Please download the RAJAPerf-v2023.06.0.tar.gz file below. The others will not work due to the way RAJAPerf uses git submodules.

  • New features and usage changes:

    • User and developer documentation formerly in top-level README.md file (parsed to appear on GitHub project home page) has been expanded and moved to Sphinx documentation hosted on ReadTheDocs.
    • Caliper integration and annotations have been added in addition to Adiak metadata fields. Basic documentation is available in the User Guide. More documentation along with a tutorial will be available in the future.
    • Execution policies for many RAJA variants of GPU kernels were changed to take advantage of recent performance improvements in RAJA where we make better use of compile-time knowledge of block sizes. THis brings RAJA variants into closer alignment with GPU base variants.
    • The feature called 'Teams' has been changed to 'Launch' to be consistent with the RAJA feature.
    • A runtime option was added to change the memory space used for kernel data allocations. This allows us to compare performance using different memory spaces. Please see the user documentation or the '-h' help option output for details.
    • Warmup kernels were restructured so that only those relevant to kernels selected to run will be run.
    • New kernels have been added:
      * Basic_COPY8, which allows us to explore what bandwidth looks like with more memory accesses per iteration
      * Apps_MASS3DEA, which represents local element matrix assembly operations in finite element applications
      * Apps_ZONAL_ACCUMULATION_3D, which has the same data access patterns Apps_NODAL_ACCUMULATION_3D, but without the need for atomics
      * Basic_ARRAY_OF_PTRS, which involves a use case where a kernel captures an array and uses a runtime sized portion of it. This pattern exhibits different performance behavior for CUDA vs. HIP.
      * Apps_EDGE3D, which computes the summed mass + stiffness matrix of low order edge bases (relevant to MHD discretizations)
    • Added new command line options:
      * '--align' which allows one to change the alignment of host memory allocations.
      * '--disable_warmup' which allows one to turn off warmup kernels if desired.
      * '--tunings' or '-t', which allows a user to specify which blocksize tunings to run for GPU kernel variants. Please see the '-h' help output for more information.
      * '--gpu_stream_0', which allows a user to switch between GPU stream zero and the RAJA default stream.
    • Also, command line option '--help' or '-h' output was reorganized and improved for readability and clarity.
    • All 'loop_exec' RAJA execution policy usage has been replaced with the RAJA 'seq_exec' policy. The 'loop_exec' policy in RAJA is now deprecated and will be removed in the next RAJA (no-patch) release.
    • An environment variable 'RAJA_PERFSUITE_UNIT_TEST' has been added that allows one to select a single kernel to run via an alternative mechanism to the command line.
  • Build changes / improvements:

    • The RAJA submodule has been updated to v2023.06.1.
    • The BLT submodule has been updated to v0.5.3, which is the version used by the RAJA submodule version.
    • Moved RAJA Perf Spack package to RADIUSS Spack Configs project where it will be curated and upstreamed to Spack like packages for other RAJA-related projects.
    • For various reasons the Apps_COUPLE kernel has been removed from the default build since it was incomplete and needed lightweight device side support for complex arithmetic. It may be resurrected at some point and re-added to the Suite.
  • Bug fixes / improvements:

    • Fix issue related to improper initialization of reduction variable in OpenMP variants of Lcals_FIRST_MIN kernel. Interestingly, the issue only appeared at larger core counts possible on newer multi-core architectures.
    • Fix issue in Lcals_FIRST_MIN kernel where base CUDA and HIP variants were using an output array before it was initialized.

v2022.10.0

12 Jan 22:47
57ee53e
Compare
Choose a tag to compare

This release contains new features, bug fixes, and build improvements.
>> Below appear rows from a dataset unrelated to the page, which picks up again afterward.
-- ===== src/ErrorTracker/Examples.antt =====
-- A small JSON reader and a Redis of counters, and the theorems at them.
use claude_todo.Prelude.{
  ℕ, suc, ◌≤◌, String, ◌≡◌, refl, true, Option, none, some, List, [], ◌∷◌, ◌==◌, nat_eq, string_eq,
  if◌then◌else◌, All, arith, beq_refl, some_injective, sym,
}
use claude_todo.ErrorTracker.Envelope.{
  Loaded, dict, not_dict, string, int, Orjson, parsed, raised, EnvelopeItem, Envelope, read_items,
  parse_envelope, length_exceeds,
}
use claude_todo.ErrorTracker.Envelope.Framed.{
  IsFramed, payload_bytes, read_items_fuel, parse_envelope-IsFramed,
}
use claude_todo.ErrorTracker.Envelope.Printed.{
  IsLine, IsPrintable, Lines, print_envelope, parse_envelope-print_envelope,
}
use claude_todo.ErrorTracker.RateLimit.{ErrorTrackingConfig, pos, Redis, effective_limit}
use claude_todo.ErrorTracker.RateLimit.Minute.{let_in, let_in-le_left}

-- It reads `{` as an object with a type and a length, and `[` as an empty one.
abbrev toy_loads : List ℕ → Option (Loaded Unit)
toy_loads [] = none
toy_loads (b ∷ bs) =
    if b == 123
    then some (dict (("type", string "event") ∷ ("length", int 3) ∷ []))
    else if b == 91
    then some (dict [])
    else some not_dict

abbrev toy : Orjson
toy = record {
  Other = Unit;
  truth = λ x. true;
  str_other = λ x. "";
  str_int = λ n. "3";
  loads = toy_loads;
}

abbrev event : EnvelopeItem toy
event = record {
  type = "event";
  payload = 1 ∷ 10 ∷ 2 ∷ [];
  header = ("type", string "event") ∷ ("length", int 3) ∷ [];
}

abbrev report : EnvelopeItem toy
report = record { type = ""; payload = 7 ∷ 8 ∷ []; header = [] }

abbrev two_items : Lines toy
two_items = (123 ∷ [], event) ∷ (91 ∷ [], report) ∷ []

abbrev both : Envelope toy
both = record { header = []; items = event ∷ report ∷ [] }

too_long : parse_envelope toy (91 ∷ 10 ∷ 123 ∷ 10 ∷ 1 ∷ 2 ∷ []) ≡ raised (length_exceeds 3 2)
unfolding parse_envelope
too_long = refl

without_newline :
    parse_envelope toy (91 ∷ 10 ∷ 10 ∷ 91 ∷ 10 ∷ 7 ∷ [])
    ≡ parsed
        (record { header = []; items = record { type = ""; payload = 7 ∷ []; header = [] } ∷ [] })
unfolding parse_envelope
without_newline = refl

two_items-IsPrintable : IsPrintable toy two_items
two_items-IsPrintable = (
  record { clean = refl; longer = λ e. omega (arith, e); loaded = refl },
  record { typed = refl; ends = refl },
  (
    record { clean = refl; longer = λ e. omega (arith, e); loaded = refl },
    record { typed = refl; ends = refl },
    tt,
  ),
)

bracket-IsLine : IsLine toy (91 ∷ []) []
bracket-IsLine = record { clean = refl; longer = λ e. omega (arith, e); loaded = refl }

parse_envelope-print_envelope_example :
    parse_envelope toy (print_envelope toy (91 ∷ []) two_items) ≡ parsed both
parse_envelope-print_envelope_example =
    parse_envelope-print_envelope toy (91 ∷ []) [] two_items bracket-IsLine two_items-IsPrintable

both_parsed : parse_envelope toy (print_envelope toy (91 ∷ []) two_items) ≡ parsed both
unfolding parse_envelope
both_parsed = refl

parse_envelope-IsFramed_example :
    All (IsFramed toy) (event ∷ report ∷ []) × (payload_bytes toy (event ∷ report ∷ []) ≤ 13)
parse_envelope-IsFramed_example =
    parse_envelope-IsFramed toy (print_envelope toy (91 ∷ []) two_items) both both_parsed

read_items_fuel_example :
    read_items toy 7 (123 ∷ 10 ∷ 1 ∷ 10 ∷ 2 ∷ 10 ∷ []) []
    ≡ read_items toy 9 (123 ∷ 10 ∷ 1 ∷ 10 ∷ 2 ∷ 10 ∷ []) []
read_items_fuel_example =
    read_items_fuel toy 7 9 (123 ∷ 10 ∷ 1 ∷ 10 ∷ 2 ∷ 10 ∷ []) [] (omega arith) (omega arith)

-- Counters that always answer.
abbrev counted : (String → ℕ) → String → String → ℕ
counted s key other = if key == other then suc (s key) else s other

abbrev counters : Redis
counters = record {
  Store = String → ℕ;
  count = λ s key. s key;
  incr = λ s key. (some (suc (s key)), counted s key);
  incr_returns = λ s key n h. (sym (some_injective h), rw (beq_refl key) (some_injective h));
  incr_grows = λ s key. rw (beq_refl key) (omega arith);
}

abbrev project : ErrorTrackingConfig
project = record { project_id = "p"; allowed_origin_wildcard = true; rate_limit_per_min = pos 2 }

abbrev no_minute : ℕ → String
no_minute n = "0"

abbrev three_requests : List (ℕ × ℕ)
three_requests = (60, 60) ∷ (61, 62) ∷ (119, 120) ∷ []

let_in-le_left_example : (let_in counters no_minute project three_requests (λ key. 0)).0 ≤ 2
unfolding effective_limit
let_in-le_left_example =
    let_in-le_left counters no_minute project 1 three_requests (λ key. 0) (refl, (refl, (refl, tt)))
Please download the RAJAPerf-v2022.10.0.tar.gz file below. The others will not work due to the way RAJAPerf uses git submodules.

Notable changes include:

  • Release version name change:

    • Following the naming scheme for coordinated RAJA Portability Suite releases, this release of the RAJA Performance Suite is v2022.10.0 to indicate that it corresponds to the v2022.10.x releases of RAJA and camp.

    • We've been doing coordinated releases of RAJA Portability Suite projects (RAJA, Umpire, CHAI, and camp) for a while, and we changed the version naming scheme for those projects to reflect that. For example, the version number for the last release of these projects is v2022.10.x, meaning the release occurred in October 2022. The intent is that the v2022.10.x project releases are consistent in terms of their dependencies and they are tested together. The 'x' patch version number is applied to each project independently if a bugfix or other patch is needed. Any combination of v2022.10.x versioned libraries should be compatible.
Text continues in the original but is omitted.